### YOUR GOAL
Nothing outside the stretch is wanted. Repeat exactly the lines of the listing below from the one that contains "Distinct-unlink id [] h = tt" through the one that contains "e ↦ rw e h.1", both ends included.

### MATERIAL PROVIDED
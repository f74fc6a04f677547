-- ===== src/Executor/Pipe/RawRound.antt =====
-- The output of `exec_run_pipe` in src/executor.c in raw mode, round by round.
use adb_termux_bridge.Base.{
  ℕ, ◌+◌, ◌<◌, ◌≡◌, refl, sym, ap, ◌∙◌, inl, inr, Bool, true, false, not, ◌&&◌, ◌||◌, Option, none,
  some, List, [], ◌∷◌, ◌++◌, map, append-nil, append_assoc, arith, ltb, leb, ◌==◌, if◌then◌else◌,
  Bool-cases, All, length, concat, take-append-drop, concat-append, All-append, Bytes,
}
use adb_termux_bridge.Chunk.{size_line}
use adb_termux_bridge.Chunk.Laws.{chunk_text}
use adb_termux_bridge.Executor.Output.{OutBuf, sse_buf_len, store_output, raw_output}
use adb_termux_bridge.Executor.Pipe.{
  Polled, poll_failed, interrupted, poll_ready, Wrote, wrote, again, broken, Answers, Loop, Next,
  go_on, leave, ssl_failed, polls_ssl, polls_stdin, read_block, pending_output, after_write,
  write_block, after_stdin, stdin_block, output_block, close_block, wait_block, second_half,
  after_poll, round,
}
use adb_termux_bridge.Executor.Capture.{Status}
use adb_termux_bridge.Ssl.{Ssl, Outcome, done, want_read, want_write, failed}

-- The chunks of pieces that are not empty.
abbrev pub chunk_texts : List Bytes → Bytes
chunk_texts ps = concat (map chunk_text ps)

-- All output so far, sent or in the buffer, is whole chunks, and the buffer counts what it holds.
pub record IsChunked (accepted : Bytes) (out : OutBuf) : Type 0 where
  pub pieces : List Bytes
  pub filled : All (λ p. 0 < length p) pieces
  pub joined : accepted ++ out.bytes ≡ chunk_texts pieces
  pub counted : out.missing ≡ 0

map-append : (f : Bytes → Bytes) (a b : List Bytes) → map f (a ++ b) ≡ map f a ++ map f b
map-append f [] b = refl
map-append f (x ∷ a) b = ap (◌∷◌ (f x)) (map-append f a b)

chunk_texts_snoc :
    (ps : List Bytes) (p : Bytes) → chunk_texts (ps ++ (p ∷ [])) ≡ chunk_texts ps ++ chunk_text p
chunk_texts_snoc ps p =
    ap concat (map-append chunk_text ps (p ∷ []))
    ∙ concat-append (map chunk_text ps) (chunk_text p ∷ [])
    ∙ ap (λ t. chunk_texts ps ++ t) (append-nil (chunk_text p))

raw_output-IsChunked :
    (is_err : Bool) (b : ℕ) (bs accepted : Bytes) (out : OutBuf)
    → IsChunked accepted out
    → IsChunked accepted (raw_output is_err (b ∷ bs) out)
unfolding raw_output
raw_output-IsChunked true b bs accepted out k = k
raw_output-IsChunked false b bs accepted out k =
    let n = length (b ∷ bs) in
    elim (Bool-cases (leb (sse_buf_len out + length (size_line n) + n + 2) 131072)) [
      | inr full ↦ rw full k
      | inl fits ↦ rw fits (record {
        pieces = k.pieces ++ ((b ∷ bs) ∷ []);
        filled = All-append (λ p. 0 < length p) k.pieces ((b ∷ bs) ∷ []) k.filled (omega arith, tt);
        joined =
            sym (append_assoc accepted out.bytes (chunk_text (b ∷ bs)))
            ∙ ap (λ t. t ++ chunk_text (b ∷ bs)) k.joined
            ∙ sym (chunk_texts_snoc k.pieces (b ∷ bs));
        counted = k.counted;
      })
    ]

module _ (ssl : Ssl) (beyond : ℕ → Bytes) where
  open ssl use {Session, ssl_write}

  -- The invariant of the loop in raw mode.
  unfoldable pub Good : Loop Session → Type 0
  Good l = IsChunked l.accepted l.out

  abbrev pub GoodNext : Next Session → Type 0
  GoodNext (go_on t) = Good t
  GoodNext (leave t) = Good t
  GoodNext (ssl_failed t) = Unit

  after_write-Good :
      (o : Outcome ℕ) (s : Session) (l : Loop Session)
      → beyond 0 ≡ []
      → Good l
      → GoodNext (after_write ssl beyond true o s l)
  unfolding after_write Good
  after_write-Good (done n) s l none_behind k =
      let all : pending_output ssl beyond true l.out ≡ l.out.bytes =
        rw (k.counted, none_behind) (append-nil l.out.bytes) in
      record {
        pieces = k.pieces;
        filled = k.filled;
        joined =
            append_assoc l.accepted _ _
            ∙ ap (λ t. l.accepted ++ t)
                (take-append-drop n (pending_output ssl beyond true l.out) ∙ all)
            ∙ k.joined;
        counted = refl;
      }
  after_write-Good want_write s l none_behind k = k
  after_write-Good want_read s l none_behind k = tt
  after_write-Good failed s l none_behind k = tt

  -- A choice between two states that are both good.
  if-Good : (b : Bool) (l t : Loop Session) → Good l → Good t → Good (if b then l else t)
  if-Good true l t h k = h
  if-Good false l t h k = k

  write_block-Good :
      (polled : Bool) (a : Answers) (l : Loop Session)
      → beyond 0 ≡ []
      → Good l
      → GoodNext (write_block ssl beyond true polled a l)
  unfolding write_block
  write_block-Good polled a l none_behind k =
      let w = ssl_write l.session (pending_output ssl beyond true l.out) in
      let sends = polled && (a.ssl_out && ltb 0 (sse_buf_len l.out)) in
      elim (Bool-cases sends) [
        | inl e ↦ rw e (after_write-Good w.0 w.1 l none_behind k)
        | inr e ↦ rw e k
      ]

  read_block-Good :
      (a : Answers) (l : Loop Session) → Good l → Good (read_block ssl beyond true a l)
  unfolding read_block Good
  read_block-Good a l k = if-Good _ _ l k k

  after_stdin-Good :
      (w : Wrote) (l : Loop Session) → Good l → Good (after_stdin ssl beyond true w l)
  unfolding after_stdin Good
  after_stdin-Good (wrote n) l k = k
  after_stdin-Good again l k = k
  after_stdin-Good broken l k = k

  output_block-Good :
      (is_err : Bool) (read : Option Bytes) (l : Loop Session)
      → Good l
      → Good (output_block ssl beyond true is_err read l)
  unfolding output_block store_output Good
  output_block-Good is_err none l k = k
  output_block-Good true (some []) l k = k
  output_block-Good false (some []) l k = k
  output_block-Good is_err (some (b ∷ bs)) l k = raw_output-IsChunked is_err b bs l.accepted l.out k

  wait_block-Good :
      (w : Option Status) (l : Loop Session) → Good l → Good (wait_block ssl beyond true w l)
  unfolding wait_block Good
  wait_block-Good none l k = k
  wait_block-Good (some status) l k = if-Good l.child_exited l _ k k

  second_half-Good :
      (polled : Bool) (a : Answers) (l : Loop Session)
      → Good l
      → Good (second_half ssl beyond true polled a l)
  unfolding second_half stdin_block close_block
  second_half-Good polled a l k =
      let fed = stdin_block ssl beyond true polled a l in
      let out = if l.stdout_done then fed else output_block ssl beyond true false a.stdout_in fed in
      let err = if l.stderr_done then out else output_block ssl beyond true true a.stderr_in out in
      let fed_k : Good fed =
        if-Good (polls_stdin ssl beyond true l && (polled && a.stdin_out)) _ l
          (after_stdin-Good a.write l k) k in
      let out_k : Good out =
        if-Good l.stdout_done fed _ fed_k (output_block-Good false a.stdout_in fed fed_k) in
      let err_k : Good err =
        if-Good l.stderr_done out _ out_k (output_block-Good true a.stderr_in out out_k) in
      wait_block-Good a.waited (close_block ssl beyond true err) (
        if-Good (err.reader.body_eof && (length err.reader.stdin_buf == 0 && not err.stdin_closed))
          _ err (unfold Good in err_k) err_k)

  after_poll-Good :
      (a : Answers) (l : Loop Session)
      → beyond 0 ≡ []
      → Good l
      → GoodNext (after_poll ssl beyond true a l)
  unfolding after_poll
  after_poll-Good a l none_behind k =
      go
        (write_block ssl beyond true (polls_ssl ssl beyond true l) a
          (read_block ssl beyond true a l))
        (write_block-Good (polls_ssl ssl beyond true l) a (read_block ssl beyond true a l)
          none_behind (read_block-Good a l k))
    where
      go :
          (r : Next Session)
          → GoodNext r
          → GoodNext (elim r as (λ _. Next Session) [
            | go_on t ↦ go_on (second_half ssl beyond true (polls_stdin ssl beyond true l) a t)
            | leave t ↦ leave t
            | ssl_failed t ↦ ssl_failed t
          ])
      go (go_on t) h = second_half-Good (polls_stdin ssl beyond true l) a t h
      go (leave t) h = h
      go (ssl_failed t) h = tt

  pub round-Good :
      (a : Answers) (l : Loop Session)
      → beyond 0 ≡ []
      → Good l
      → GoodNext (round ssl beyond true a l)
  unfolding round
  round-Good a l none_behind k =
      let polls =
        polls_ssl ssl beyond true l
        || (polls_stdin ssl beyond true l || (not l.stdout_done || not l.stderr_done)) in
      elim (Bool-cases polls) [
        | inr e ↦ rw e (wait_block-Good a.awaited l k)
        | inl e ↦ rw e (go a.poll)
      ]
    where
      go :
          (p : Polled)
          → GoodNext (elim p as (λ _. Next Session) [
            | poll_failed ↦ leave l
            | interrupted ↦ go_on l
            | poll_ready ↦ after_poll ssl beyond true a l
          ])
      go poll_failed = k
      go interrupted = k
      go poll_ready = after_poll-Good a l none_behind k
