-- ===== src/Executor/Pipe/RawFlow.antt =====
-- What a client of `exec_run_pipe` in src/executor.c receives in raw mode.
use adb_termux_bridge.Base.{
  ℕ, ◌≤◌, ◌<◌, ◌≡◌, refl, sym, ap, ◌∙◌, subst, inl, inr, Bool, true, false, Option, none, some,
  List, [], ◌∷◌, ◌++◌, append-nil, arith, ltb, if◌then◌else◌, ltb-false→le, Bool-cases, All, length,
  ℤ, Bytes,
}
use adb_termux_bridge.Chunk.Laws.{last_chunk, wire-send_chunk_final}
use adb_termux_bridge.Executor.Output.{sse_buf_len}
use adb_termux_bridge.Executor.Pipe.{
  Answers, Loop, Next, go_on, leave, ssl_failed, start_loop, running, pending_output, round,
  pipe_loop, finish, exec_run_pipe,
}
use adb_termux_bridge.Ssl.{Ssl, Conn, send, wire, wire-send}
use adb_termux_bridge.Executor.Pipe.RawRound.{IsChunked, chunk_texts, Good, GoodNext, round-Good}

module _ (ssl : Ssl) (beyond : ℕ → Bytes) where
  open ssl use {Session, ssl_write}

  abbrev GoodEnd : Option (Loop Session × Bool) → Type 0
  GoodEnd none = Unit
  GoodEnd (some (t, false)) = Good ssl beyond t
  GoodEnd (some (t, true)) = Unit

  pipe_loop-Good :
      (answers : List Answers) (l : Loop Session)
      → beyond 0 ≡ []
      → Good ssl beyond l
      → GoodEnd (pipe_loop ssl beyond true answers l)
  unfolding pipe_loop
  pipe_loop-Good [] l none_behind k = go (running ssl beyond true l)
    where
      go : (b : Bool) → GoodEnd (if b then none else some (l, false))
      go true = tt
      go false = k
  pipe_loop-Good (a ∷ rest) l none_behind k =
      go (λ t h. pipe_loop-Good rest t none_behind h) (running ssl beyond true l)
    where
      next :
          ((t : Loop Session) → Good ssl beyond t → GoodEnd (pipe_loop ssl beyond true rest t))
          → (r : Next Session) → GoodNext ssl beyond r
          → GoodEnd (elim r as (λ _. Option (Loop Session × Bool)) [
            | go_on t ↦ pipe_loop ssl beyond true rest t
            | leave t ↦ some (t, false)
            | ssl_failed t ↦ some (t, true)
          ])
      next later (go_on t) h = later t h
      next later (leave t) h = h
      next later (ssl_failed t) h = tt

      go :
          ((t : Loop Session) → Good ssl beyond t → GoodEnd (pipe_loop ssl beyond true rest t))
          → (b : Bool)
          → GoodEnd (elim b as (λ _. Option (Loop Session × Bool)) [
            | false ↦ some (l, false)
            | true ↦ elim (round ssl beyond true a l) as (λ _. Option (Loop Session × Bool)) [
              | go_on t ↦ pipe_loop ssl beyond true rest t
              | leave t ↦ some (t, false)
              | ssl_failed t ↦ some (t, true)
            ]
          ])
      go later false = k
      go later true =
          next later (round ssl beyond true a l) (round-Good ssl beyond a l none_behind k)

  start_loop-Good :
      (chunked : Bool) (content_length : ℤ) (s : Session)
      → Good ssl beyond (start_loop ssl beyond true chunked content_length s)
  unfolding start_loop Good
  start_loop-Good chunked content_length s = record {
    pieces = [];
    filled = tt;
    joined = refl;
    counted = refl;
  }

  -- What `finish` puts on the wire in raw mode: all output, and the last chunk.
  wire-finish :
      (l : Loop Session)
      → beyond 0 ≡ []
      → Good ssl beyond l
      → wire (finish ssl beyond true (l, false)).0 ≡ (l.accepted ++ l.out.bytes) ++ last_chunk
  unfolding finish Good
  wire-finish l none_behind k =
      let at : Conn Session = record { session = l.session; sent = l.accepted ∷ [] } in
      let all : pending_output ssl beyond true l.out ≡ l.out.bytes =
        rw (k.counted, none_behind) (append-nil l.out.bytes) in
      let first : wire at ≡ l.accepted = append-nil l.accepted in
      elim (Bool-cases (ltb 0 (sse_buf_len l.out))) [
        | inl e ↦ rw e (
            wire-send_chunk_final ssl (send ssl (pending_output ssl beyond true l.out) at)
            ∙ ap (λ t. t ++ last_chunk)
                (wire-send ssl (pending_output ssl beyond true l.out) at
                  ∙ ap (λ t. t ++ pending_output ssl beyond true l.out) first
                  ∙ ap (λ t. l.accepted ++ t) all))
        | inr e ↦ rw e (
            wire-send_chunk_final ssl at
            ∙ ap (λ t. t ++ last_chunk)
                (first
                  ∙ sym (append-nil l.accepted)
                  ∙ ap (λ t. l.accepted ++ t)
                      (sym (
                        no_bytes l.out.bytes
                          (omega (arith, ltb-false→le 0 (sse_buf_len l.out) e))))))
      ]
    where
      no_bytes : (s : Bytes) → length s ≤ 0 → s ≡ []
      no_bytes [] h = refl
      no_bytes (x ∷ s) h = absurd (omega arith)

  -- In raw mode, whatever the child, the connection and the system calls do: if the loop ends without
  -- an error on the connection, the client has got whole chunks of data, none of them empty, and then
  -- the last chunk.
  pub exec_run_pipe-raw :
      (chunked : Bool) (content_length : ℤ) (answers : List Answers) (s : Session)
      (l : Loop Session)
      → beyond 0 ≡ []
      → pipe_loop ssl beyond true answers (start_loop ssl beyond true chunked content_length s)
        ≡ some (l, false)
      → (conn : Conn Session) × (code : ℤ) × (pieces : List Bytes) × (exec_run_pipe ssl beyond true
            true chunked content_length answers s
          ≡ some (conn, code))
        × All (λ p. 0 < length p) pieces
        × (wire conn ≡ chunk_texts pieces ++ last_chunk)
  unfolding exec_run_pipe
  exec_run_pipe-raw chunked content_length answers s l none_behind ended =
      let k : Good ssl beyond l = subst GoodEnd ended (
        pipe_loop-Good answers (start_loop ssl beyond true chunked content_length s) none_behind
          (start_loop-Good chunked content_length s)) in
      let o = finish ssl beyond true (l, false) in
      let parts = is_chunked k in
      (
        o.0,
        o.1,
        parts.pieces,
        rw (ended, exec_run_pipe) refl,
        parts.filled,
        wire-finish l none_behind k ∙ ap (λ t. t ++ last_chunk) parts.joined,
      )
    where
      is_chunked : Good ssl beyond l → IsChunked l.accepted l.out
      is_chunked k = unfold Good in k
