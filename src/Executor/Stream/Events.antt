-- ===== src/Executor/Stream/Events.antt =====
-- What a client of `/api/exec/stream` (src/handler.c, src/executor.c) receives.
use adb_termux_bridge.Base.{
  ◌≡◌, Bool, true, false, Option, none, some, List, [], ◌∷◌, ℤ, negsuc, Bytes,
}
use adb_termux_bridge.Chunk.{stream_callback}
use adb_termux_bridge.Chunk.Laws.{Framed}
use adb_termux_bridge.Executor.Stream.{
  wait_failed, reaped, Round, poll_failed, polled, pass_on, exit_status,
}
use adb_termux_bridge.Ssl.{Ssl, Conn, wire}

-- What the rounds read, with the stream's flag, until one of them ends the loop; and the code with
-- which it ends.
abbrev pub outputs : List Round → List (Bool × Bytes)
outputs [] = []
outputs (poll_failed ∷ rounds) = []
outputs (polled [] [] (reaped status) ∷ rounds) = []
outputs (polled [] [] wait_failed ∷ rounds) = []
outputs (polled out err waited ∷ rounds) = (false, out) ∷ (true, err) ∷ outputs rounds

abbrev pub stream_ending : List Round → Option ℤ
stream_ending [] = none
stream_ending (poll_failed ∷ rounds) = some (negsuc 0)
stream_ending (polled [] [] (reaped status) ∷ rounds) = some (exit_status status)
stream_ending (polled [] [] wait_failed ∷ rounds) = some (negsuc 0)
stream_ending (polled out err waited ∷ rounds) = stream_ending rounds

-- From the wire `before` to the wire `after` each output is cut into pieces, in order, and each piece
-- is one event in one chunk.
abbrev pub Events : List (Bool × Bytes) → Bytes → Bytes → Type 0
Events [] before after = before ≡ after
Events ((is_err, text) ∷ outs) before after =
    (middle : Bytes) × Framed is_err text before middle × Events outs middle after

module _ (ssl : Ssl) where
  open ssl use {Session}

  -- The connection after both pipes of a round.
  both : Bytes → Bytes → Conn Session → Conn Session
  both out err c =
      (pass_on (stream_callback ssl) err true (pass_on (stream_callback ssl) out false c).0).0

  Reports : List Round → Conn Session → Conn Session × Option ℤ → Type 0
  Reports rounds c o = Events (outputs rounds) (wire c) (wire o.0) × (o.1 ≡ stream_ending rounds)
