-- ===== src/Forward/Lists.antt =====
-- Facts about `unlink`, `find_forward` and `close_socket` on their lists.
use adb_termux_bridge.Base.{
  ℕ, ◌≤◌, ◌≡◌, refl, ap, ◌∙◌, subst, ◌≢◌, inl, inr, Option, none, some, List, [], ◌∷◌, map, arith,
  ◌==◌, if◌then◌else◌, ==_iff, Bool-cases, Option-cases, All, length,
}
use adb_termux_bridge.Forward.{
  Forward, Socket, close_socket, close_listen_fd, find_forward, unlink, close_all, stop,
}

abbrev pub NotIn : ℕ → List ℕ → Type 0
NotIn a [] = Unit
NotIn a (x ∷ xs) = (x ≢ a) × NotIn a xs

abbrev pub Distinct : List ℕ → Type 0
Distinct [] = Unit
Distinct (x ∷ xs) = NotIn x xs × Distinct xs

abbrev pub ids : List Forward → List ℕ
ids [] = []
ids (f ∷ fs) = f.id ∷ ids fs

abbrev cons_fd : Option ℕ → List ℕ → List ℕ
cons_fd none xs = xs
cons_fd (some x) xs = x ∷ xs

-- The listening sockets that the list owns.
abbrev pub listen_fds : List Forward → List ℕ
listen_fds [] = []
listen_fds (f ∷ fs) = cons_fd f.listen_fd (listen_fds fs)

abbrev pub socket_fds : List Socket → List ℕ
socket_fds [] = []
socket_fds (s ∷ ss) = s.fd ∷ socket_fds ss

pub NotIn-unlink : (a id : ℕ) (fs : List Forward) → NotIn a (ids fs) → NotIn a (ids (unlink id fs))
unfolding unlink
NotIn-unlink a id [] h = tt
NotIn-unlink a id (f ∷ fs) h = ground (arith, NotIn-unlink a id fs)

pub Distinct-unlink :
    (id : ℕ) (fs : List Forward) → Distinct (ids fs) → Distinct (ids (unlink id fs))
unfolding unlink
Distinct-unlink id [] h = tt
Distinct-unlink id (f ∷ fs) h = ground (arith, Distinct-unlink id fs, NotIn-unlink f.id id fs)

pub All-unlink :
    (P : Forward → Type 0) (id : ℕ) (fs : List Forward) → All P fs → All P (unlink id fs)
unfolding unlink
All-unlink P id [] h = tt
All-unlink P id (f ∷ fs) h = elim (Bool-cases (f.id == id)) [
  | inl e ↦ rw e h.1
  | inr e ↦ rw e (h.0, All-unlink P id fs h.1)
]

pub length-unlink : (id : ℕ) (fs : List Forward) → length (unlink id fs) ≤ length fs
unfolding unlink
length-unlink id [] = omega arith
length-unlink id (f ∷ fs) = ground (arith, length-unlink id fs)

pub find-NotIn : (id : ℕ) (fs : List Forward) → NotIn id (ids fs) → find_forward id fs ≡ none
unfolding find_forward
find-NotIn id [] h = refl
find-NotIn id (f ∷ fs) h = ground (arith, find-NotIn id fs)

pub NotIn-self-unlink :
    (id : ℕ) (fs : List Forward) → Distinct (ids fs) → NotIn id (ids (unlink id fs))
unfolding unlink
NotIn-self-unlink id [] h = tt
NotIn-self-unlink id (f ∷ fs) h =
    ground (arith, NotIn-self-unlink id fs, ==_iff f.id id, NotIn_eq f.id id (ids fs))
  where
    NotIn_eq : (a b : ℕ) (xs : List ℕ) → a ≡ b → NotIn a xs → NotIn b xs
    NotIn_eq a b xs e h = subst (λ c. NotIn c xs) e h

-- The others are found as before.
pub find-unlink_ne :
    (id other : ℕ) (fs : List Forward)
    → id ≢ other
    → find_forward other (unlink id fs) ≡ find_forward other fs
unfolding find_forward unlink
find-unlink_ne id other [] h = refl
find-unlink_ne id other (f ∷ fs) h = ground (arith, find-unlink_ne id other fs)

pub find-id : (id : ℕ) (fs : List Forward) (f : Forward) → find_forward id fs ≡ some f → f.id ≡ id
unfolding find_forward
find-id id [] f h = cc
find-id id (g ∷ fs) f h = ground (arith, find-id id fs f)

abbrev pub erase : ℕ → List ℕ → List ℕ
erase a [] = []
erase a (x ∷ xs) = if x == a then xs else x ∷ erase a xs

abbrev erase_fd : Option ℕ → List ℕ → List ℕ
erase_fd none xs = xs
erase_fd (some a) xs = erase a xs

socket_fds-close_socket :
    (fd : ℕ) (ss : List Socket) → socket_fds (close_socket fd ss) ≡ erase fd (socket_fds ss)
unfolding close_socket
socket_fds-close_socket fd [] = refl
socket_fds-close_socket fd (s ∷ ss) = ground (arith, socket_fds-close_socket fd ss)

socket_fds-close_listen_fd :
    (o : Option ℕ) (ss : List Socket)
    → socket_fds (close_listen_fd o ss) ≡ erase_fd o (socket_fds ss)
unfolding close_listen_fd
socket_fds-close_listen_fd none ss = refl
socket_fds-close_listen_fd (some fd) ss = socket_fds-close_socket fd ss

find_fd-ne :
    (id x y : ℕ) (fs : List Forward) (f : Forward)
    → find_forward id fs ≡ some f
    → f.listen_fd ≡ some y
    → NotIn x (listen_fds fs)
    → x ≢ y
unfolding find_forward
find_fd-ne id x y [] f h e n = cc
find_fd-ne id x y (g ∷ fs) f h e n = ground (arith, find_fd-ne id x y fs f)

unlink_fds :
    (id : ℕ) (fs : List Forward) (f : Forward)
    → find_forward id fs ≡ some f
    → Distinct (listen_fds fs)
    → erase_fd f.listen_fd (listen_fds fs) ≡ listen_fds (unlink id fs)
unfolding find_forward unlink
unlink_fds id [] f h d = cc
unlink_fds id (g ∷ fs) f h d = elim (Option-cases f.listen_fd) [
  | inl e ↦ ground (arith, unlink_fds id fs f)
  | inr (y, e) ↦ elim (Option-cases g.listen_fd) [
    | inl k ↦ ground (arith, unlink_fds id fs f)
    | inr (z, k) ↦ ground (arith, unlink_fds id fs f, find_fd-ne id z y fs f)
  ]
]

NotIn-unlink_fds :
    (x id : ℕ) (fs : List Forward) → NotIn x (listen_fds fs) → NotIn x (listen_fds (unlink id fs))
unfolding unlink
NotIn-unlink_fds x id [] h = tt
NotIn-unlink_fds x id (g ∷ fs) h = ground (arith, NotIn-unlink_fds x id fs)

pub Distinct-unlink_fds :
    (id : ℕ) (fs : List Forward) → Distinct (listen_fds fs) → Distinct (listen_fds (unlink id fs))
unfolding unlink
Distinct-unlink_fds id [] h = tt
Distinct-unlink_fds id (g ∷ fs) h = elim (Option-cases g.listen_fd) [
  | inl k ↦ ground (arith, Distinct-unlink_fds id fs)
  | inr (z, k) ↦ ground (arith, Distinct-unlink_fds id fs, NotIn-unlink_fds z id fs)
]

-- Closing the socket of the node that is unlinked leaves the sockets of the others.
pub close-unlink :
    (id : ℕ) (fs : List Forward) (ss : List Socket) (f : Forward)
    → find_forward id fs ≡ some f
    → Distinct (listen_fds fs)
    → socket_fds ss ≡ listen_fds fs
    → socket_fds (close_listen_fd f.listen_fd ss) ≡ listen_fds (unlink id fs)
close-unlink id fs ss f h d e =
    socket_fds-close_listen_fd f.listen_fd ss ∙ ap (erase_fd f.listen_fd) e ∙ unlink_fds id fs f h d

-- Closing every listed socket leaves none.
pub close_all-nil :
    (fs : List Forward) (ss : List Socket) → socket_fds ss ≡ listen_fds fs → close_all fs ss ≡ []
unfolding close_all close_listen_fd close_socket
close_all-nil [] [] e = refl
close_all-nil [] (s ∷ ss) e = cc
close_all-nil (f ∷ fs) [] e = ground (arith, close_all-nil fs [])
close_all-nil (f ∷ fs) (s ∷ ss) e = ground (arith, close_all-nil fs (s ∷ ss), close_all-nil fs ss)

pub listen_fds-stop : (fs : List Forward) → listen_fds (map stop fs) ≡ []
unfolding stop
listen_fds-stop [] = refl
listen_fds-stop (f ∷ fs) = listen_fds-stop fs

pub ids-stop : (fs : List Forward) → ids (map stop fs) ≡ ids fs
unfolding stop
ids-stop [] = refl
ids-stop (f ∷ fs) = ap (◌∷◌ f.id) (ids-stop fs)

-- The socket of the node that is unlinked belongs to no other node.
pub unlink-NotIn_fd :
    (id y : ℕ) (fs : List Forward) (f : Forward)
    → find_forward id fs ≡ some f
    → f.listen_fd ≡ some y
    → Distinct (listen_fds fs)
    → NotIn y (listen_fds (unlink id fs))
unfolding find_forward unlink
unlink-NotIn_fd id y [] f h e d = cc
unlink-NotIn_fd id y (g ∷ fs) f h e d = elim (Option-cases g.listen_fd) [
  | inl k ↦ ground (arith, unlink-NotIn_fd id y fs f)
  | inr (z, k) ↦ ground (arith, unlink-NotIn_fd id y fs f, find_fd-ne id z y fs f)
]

### ANSWER
Distinct-unlink id [] h = tt
Distinct-unlink id (f ∷ fs) h = ground (arith, Distinct-unlink id fs, NotIn-unlink f.id id fs)

pub All-unlink :
    (P : Forward → Type 0) (id : ℕ) (fs : List Forward) → All P fs → All P (unlink id fs)
unfolding unlink
All-unlink P id [] h = tt
All-unlink P id (f ∷ fs) h = elim (Bool-cases (f.id == id)) [
  | inl e ↦ rw e h.1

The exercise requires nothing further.